The reframe was: stop trying to pick the agent. Pick the harness. Which of A, B, or C has the harness components your team actually needs — the skill system, the tool policy, the memory model, the orchestration features? Whose harness is most aligned with how your engineers already work? Whose is most extensible? Once you’ve picked the harness, the model underneath is a config knob. You can re-run the eval every time a new model drops, and the answer is “use the best model the harness supports” — a question that takes an hour, not a quarter.
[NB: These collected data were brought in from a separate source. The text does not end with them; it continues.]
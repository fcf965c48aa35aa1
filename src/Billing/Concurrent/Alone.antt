-- ===== src/Billing/Concurrent/Alone.antt =====
-- A call with no other statement between its own is one call of the service
-- (billing/services/billing.go).
use mathlib.Core.Path.{subst}
use microservices_go.Prelude.{
  String, pos, leb_ℤ, ltb_ℤ, false, some, List, [], ◌∷◌, ◌++◌, ◌≡◌, ◌≢◌, refl, sym, ap, ◌∙◌, arith,
  ◌⊎◌, inl, inr, Bool-cases,
}
use microservices_go.Errors.{Result-cases, done}
use microservices_go.Postgres.{rolled_back}
use microservices_go.Outbox.{Table, insert_outbox_event_tx}
use microservices_go.Billing.Domain.{
  Account, TransactionType, Database, Env, DepositRequest, WithdrawRequest, InsertTransactionParams,
}
use microservices_go.Billing.Repository.{
  find_account, top_up_account_tx, insert_transaction_tx, get_account_by_user_id_tx,
  withdraw_account_tx,
}
use microservices_go.Billing.Service.{deposit, withdraw, deposit_payload}
use microservices_go.Billing.Bank.{Call}
use microservices_go.Billing.Running.{install, crediting, debiting}
use microservices_go.Billing.Concurrent.{
  State, upserts, selects, updates, records, announces, commits, Reach, later,
}
use microservices_go.Billing.Concurrent.Invariant.{selected}
use microservices_go.Billing.Concurrent.Written.{
  rolled_back-cases, upserted_row, debited_row, inserted_row, told_row,
}
use microservices_go.Billing.Concurrent.Serial.{concurrent_calls_refine_bank}

module _ (env : Env) (req : DepositRequest) (db : Database) (history : List Call) where
  abbrev deposit_entry : String → InsertTransactionParams
  deposit_entry account_id = record {
    account_id = account_id;
    amount = req.amount;
    type = TransactionType.deposit;
    idempotency_key = req.idempotency_key;
  }

  abbrev deposited : Database → State
  deposited db' = record {
    db = db';
    running = [];
    history = history ++ Call.deposit req.user_id req.idempotency_key req.amount ∷ [];
  }

  deposit_commits :
      (row : Account) (db' : Database) (o : Table)
      → Reach (record {
        db = db;
        running = crediting env req (find_account req.user_id db.accounts) row ∷ [];
        history = history;
      })
      → insert_transaction_tx env
          (deposit_entry row.id)
          (record db { accounts = install row db.accounts })
        ≡ done db'
      → insert_outbox_event_tx env.outbox_fails env.now "AccountToppedUp" row.id
          (deposit_payload env req)
          db.outbox
        ≡ done o
      → env.commit ≢ rolled_back
      → Reach (deposited (record db' { outbox = o }))
  deposit_commits row db' o r h2 h3 ne =
      let (t, e2) = inserted_row env _ _ db' h2 in
      let (e, e3) = told_row env row.id (deposit_payload env req) db.outbox o h3 in
      let tx0 = crediting env req (find_account req.user_id db.accounts) row in
      let tx1 = record tx0 { transaction = some t } in
      let r1 = later r (
        records [] [] tx0 row db' t refl refl refl refl h2
          (ap (λ (d : Database). d.transactions) e2)) in
      let r2 = later r1 (
        announces [] [] tx1 row t o e refl refl refl refl refl h3
          (ap (λ (u : Table). u.rows) e3)) in
      let r3 = later r2 (commits [] [] (record tx1 { event = some e }) t refl refl refl ne) in
      subst (λ d. Reach (deposited d)) (ground arith) r3

  deposit_inserts :
      (id : String) (db1 : Database)
      → leb_ℤ req.amount (pos 0) ≡ false
      → Reach (record { db = db; running = []; history = history })
      → env.begin_fails ≡ false
      → top_up_account_tx env (record { user_id = req.user_id; amount = req.amount }) db
        ≡ done (id, db1)
      → (db2 : Database) (o : Table) → insert_transaction_tx env (deposit_entry id) db1 ≡ done db2
      → insert_outbox_event_tx env.outbox_fails env.now "AccountToppedUp" id
          (deposit_payload env req)
          db2.outbox
        ≡ done o
      → env.commit ≢ rolled_back
      → Reach (deposited (record db2 { outbox = o }))
  deposit_inserts id db1 positive r begun h1 db2 o h2 h3 ne =
      let v = (concurrent_calls_refine_bank _ r).0 in
      let (row, found, same, e1) = upserted_row env req.user_id req.amount db db1 id v h1 in
      let (t, e2) = inserted_row env _ db1 db2 h2 in
      let kept : db2.outbox ≡ db.outbox = rw (e2, e1) refl in
      deposit_commits row db2 o
        (later r (upserts env req id db1 row begun positive refl refl h1 found))
        (subst
          (λ (x : String × Database). insert_transaction_tx env (deposit_entry x.0) x.1 ≡ done db2)
          (λ i. (same i, e1 i)) h2)
        (subst
          (λ (x : String × Table).
            insert_outbox_event_tx env.outbox_fails env.now "AccountToppedUp" x.0
              (deposit_payload env req) x.1
            ≡ done o)
          (λ i. (same i, kept i)) h3)
        ne

  -- A deposit of a positive amount, made where no transaction runs, leaves the database as it was,
  -- or its statements lead to the database that `deposit` returns and to one more committed call.
  pub deposit_alone :
      leb_ℤ req.amount (pos 0) ≡ false
      → Reach (record { db = db; running = []; history = history })
      → ((deposit env req db).1 ≡ db) ⊎ Reach (deposited (deposit env req db).1)
  unfolding deposit
  deposit_alone positive r = elim (Bool-cases env.begin_fails) [
    | inl fails ↦ inl (ground arith)
    | inr begun ↦
        elim (Result-cases
          (top_up_account_tx env (record { user_id = req.user_id; amount = req.amount }) db)) [
            | inl (e, h1) ↦ inl (ground arith)
            | inr ((id, db1), h1) ↦
                elim (Result-cases (insert_transaction_tx env (deposit_entry id) db1)) [
                  | inl (e, h2) ↦ inl (ground arith)
                  | inr (db2, h2) ↦
                      elim (Result-cases (
                        insert_outbox_event_tx env.outbox_fails env.now "AccountToppedUp" id
                          (deposit_payload env req) db2.outbox)) [
                            | inl (e, h3) ↦ inl (ground arith)
                            | inr (o, h3) ↦ elim (rolled_back-cases env.commit) [
                              | inl undone ↦ inl (ground arith)
                              | inr ne ↦ inr (
                                  subst (λ d. Reach (deposited d)) (ground arith)
                                    (deposit_inserts id db1 positive r begun h1 db2 o h2 h3 ne))
                            ]
                          ]
                ]
          ]
  ]

module _ (env : Env) (req : WithdrawRequest) (db : Database) (history : List Call) where
  abbrev withdrawal_entry : String → InsertTransactionParams
  withdrawal_entry account_id = record {
    account_id = account_id;
    amount = req.amount;
    type = TransactionType.withdrawal;
    idempotency_key = req.idempotency_key;
  }

  abbrev withdrawn : Database → State
  withdrawn db' = record {
    db = db';
    running = [];
    history = history ++ Call.withdraw req.user_id req.idempotency_key req.amount ∷ [];
  }

  withdraw_commits :
      (a : Account) (db1 db2 : Database)
      → leb_ℤ req.amount (pos 0) ≡ false
      → Reach (record { db = db; running = []; history = history })
      → env.begin_fails ≡ false
      → get_account_by_user_id_tx env req.user_id db ≡ done a
      → ltb_ℤ a.balance req.amount ≡ false
      → withdraw_account_tx env (record { amount = req.amount; id = a.id }) db ≡ done db1
      → insert_transaction_tx env (withdrawal_entry a.id) db1 ≡ done db2
      → env.commit ≢ rolled_back
      → Reach (withdrawn db2)
  withdraw_commits a db1 db2 positive r begun h enough h1 h2 ne =
      let v = (concurrent_calls_refine_bank _ r).0 in
      let (row, found, same, e1) =
        debited_row env req.user_id req.amount a db db1 v (selected env req.user_id db a h) h1 in
      let (t, e2) = inserted_row env _ db1 db2 h2 in
      let tx0 = debiting env req a in
      let tx1 = record tx0 { row = some row } in
      let r0 = later r (selects env req a begun positive refl h enough) in
      let r1 = later r0 (updates [] [] tx0 a db1 row refl refl refl refl h1 found) in
      let r2 = later r1 (
        records [] [] tx1 row db2 t refl refl refl refl
          (subst
            (λ (x : String × Database).
              insert_transaction_tx env (withdrawal_entry x.0) x.1 ≡ done db2)
            (λ i. (sym same i, e1 i)) h2)
          (ap (λ (d : Database). d.transactions) e2
            ∙ ap (λ (d : Database). d.transactions ++ t ∷ []) e1)) in
      let r3 = later r2 (commits [] [] (record tx1 { transaction = some t }) t refl refl refl ne) in
      subst (λ d. Reach (withdrawn d)) (ground arith) r3

  -- A withdrawal of a positive amount, made where no transaction runs, leaves the database as it
  -- was, or its statements lead to the database that `withdraw` returns and to one more committed
  -- call.
  pub withdraw_alone :
      leb_ℤ req.amount (pos 0) ≡ false
      → Reach (record { db = db; running = []; history = history })
      → ((withdraw env req db).1 ≡ db) ⊎ Reach (withdrawn (withdraw env req db).1)
  unfolding withdraw
  withdraw_alone positive r = elim (Bool-cases env.begin_fails) [
    | inl fails ↦ inl (ground arith)
    | inr begun ↦ elim (Result-cases (get_account_by_user_id_tx env req.user_id db)) [
      | inl (e, h) ↦ inl (ground arith)
      | inr (a, h) ↦ elim (Bool-cases (ltb_ℤ a.balance req.amount)) [
        | inl short ↦ inl (ground arith)
        | inr enough ↦
            elim (Result-cases
              (withdraw_account_tx env (record { amount = req.amount; id = a.id }) db)) [
                | inl (e, h1) ↦ inl (ground arith)
                | inr (db1, h1) ↦
                    elim (Result-cases (insert_transaction_tx env (withdrawal_entry a.id) db1)) [
                      | inl (e, h2) ↦ inl (ground arith)
                      | inr (db2, h2) ↦ elim (rolled_back-cases env.commit) [
                        | inl undone ↦ inl (ground arith)
                        | inr ne ↦ inr (
                            subst (λ d. Reach (withdrawn d)) (ground arith)
                              (withdraw_commits a db1 db2 positive r begun h enough h1 h2 ne))
                      ]
                    ]
              ]
      ]
    ]
  ]
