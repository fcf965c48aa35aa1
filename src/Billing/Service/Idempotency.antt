-- ===== src/Billing/Service/Idempotency.antt =====
-- What the idempotency key of a request guarantees (billing/services/billing.go).
use mathlib.Core.List.{Memᴰ}
use microservices_go.Prelude.{
  String, ◌≡◌, refl, ◌⊎◌, inl, inr, true, List, [], ◌∷◌, ◌++◌, arith, eq_iff, is_some,
}
use microservices_go.Errors.{done}
use microservices_go.Billing.Domain.{Database, Env, DepositRequest, WithdrawRequest, Transaction}
use microservices_go.Billing.Repository.{
  top_up_account_tx, insert_transaction_tx, get_account_by_user_id_tx, withdraw_account_tx,
  find_by_idempotency_key, find_key,
}
use microservices_go.Billing.Service.{deposit, withdraw, handle_idempotency_error}
use microservices_go.Outbox.{insert_outbox_event_tx}

abbrev pub IsRecorded : String → Database → Type 0
IsRecorded k db = is_some (find_key k db.transactions) ≡ true

pub find_key-append_some :
    (k : String) (ts us : List Transaction)
    → is_some (find_key k ts) ≡ true
    → is_some (find_key k (ts ++ us)) ≡ true
find_key-append_some k [] us h = cc
find_key-append_some k (t ∷ ts) us h = ground (arith, find_key-append_some k ts us)

pub find_key-append_last :
    (k : String) (ts : List Transaction) (t : Transaction)
    → t.idempotency_key ≡ k
    → is_some (find_key k (ts ++ t ∷ [])) ≡ true
find_key-append_last k [] t h = ground (arith, eq_iff t.idempotency_key k)
find_key-append_last k (u ∷ ts) t h = ground (arith, find_key-append_last k ts t h)

-- A key that is recorded makes the call a replay: it changes nothing.

pub deposit_recorded :
    (env : Env) (req : DepositRequest) (db : Database)
    → IsRecorded req.idempotency_key db
    → (deposit env req db).1 ≡ db
unfolding deposit top_up_account_tx insert_transaction_tx handle_idempotency_error
deposit_recorded env req db h = ground arith

pub withdraw_recorded :
    (env : Env) (req : WithdrawRequest) (db : Database)
    → IsRecorded req.idempotency_key db
    → (withdraw env req db).1 ≡ db
unfolding withdraw get_account_by_user_id_tx withdraw_account_tx insert_transaction_tx
    handle_idempotency_error
withdraw_recorded env req db h = ground arith

-- A call that changes the database records its key.

pub deposit_records :
    (env : Env) (req : DepositRequest) (db : Database)
    → ((deposit env req db).1 ≡ db) ⊎ IsRecorded req.idempotency_key (deposit env req db).1
unfolding deposit top_up_account_tx insert_transaction_tx insert_outbox_event_tx
deposit_records env req db = grind (arith, find_key-append_last)

pub withdraw_records :
    (env : Env) (req : WithdrawRequest) (db : Database)
    → ((withdraw env req db).1 ≡ db) ⊎ IsRecorded req.idempotency_key (withdraw env req db).1
unfolding withdraw get_account_by_user_id_tx withdraw_account_tx insert_transaction_tx
withdraw_records env req db = grind (arith, find_key-append_last)

-- A deposit that reports success leaves its idempotency key recorded.
pub deposit_ok-IsRecorded :
    (env : Env) (req : DepositRequest) (db : Database)
    → (deposit env req db).0 ≡ done tt
    → IsRecorded req.idempotency_key (deposit env req db).1
unfolding deposit top_up_account_tx insert_transaction_tx handle_idempotency_error
    insert_outbox_event_tx find_by_idempotency_key
deposit_ok-IsRecorded env req db h = grind (arith, find_key-append_last)

-- A withdrawal that reports success leaves its idempotency key recorded.
pub withdraw_ok-IsRecorded :
    (env : Env) (req : WithdrawRequest) (db : Database)
    → (withdraw env req db).0 ≡ done tt
    → IsRecorded req.idempotency_key (withdraw env req db).1
unfolding withdraw get_account_by_user_id_tx withdraw_account_tx insert_transaction_tx
    handle_idempotency_error find_by_idempotency_key
withdraw_ok-IsRecorded env req db h = grind (arith, find_key-append_last)

-- A client that sends its request again and again, whatever happens to each attempt.

pub deposit_attempts : List Env → DepositRequest → Database → Database
deposit_attempts [] req db = db
deposit_attempts (env ∷ envs) req db = deposit_attempts envs req (deposit env req db).1

pub withdraw_attempts : List Env → WithdrawRequest → Database → Database
withdraw_attempts [] req db = db
withdraw_attempts (env ∷ envs) req db = withdraw_attempts envs req (withdraw env req db).1

deposit_attempts_recorded :
    (envs : List Env) (req : DepositRequest) (db : Database)
    → IsRecorded req.idempotency_key db
    → deposit_attempts envs req db ≡ db
unfolding deposit_attempts
deposit_attempts_recorded [] req db h = refl
deposit_attempts_recorded (env ∷ envs) req db h =
    rw (deposit_recorded env req db h) (deposit_attempts_recorded envs req db h)

withdraw_attempts_recorded :
    (envs : List Env) (req : WithdrawRequest) (db : Database)
    → IsRecorded req.idempotency_key db
    → withdraw_attempts envs req db ≡ db
unfolding withdraw_attempts
withdraw_attempts_recorded [] req db h = refl
withdraw_attempts_recorded (env ∷ envs) req db h =
    rw (withdraw_recorded env req db h) (withdraw_attempts_recorded envs req db h)

-- Any number of attempts of one deposit, whatever fails in each of them, leaves the database as it
-- was or as one of the attempts alone would have left it: the money moves at most once.
pub deposit_at_most_once :
    (envs : List Env) (req : DepositRequest) (db : Database)
    → (deposit_attempts envs req db ≡ db)
      ⊎ ((env : Env) × Memᴰ env envs × (deposit_attempts envs req db ≡ (deposit env req db).1))
unfolding deposit_attempts
deposit_at_most_once [] req db = inl refl
deposit_at_most_once (env ∷ envs) req db = elim (deposit_records env req db) [
  | inl same ↦ rw same (later (deposit_at_most_once envs req db))
  | inr known ↦ inr (env, Memᴰ.head refl, deposit_attempts_recorded envs req _ known)
]
  where
    later :
        (deposit_attempts envs req db ≡ db)
          ⊎ ((e : Env) × Memᴰ e envs × (deposit_attempts envs req db ≡ (deposit e req db).1))
        → (deposit_attempts envs req db ≡ db)
          ⊎ ((e : Env) × Memᴰ e (env ∷ envs)
              × (deposit_attempts envs req db ≡ (deposit e req db).1))
    later (inl none_worked) = inl none_worked
    later (inr (e, m, p)) = inr (e, Memᴰ.tail m, p)

-- Any number of attempts of one withdrawal, whatever fails in each of them, leaves the database as
-- it was or as one of the attempts alone would have left it.
pub withdraw_at_most_once :
    (envs : List Env) (req : WithdrawRequest) (db : Database)
    → (withdraw_attempts envs req db ≡ db)
      ⊎ ((env : Env) × Memᴰ env envs × (withdraw_attempts envs req db ≡ (withdraw env req db).1))
unfolding withdraw_attempts
withdraw_at_most_once [] req db = inl refl
withdraw_at_most_once (env ∷ envs) req db = elim (withdraw_records env req db) [
  | inl same ↦ rw same (later (withdraw_at_most_once envs req db))
  | inr known ↦ inr (env, Memᴰ.head refl, withdraw_attempts_recorded envs req _ known)
]
  where
    later :
        (withdraw_attempts envs req db ≡ db)
          ⊎ ((e : Env) × Memᴰ e envs × (withdraw_attempts envs req db ≡ (withdraw e req db).1))
        → (withdraw_attempts envs req db ≡ db)
          ⊎ ((e : Env) × Memᴰ e (env ∷ envs)
              × (withdraw_attempts envs req db ≡ (withdraw e req db).1))
    later (inl none_worked) = inl none_worked
    later (inr (e, m, p)) = inr (e, Memᴰ.tail m, p)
They picked a harness in two weeks. The “which model” question became operational instead of strategic. The model-evaluation cycle went from quarterly to weekly. And the strategic conversation moved up a layer — to which skills to invest in, which policies to harden, what to add to the registry next.

Why this is underrated

Harness engineering is underrated for two reasons, and they’re related.

The first is that it doesn’t look like engineering when you’re doing it. You’re writing markdown files. You’re tuning a prompt that already mostly works. You’re adding a hook that blocks one specific command. None of these feel load-bearing in the moment. They all feel like small adjustments. But the compounding is real — six months of small adjustments produces a harness that does things off-the-shelf can’t, and you have no good way to externalise the value of that work.

The second is that the industry’s vocabulary lags the reality. “We’re evaluating AI tools” gets head-nods and budget. “We’re building a harness” gets a blank stare and a “what’s that?” The teams doing the most sophisticated work are often the ones with the worst story to tell about it, because they’re inside the work and the field hasn’t given them the words yet.

Naming it helps. So does writing it down, talking about it, and treating it like the discipline it is. The teams that get there first will spend the next two years compounding their advantage while everyone else re-runs the model benchmark for the eighth time.

What I’d Change

If I were starting a team’s AI engineering practice today, I’d do three things differently than I see most teams doing.

First, I’d write the harness audit checklist on day one and put it next to the methodology docs. Tool definitions, skill files, control flow, memory, policy — five components, scored honestly. Every quarter, score it again. Watch the components move.

Second, I’d separate the model-evaluation rig from the harness-evaluation rig. Model evals are short, narrow, and frequent — a benchmark you can run in an afternoon when a new release drops. Harness evals are longer, broader, and run on real tickets — quarterly at most, ideally tied to a real sprint where the team is using the harness in anger. Conflating the two is what produces the noise that makes the whole exercise feel pointless.

Third, I’d make the harness ownership explicit. One engineer, named, with a portion of their time allocated to harness work. Not a committee. Not “everyone.” A named person whose job is partly to keep the harness sharp. The teams I’ve seen do this end up six months ahead of the teams that don’t, and it’s not close.

The model is going to keep getting better. That’s table stakes. The harness is the part that’s yours.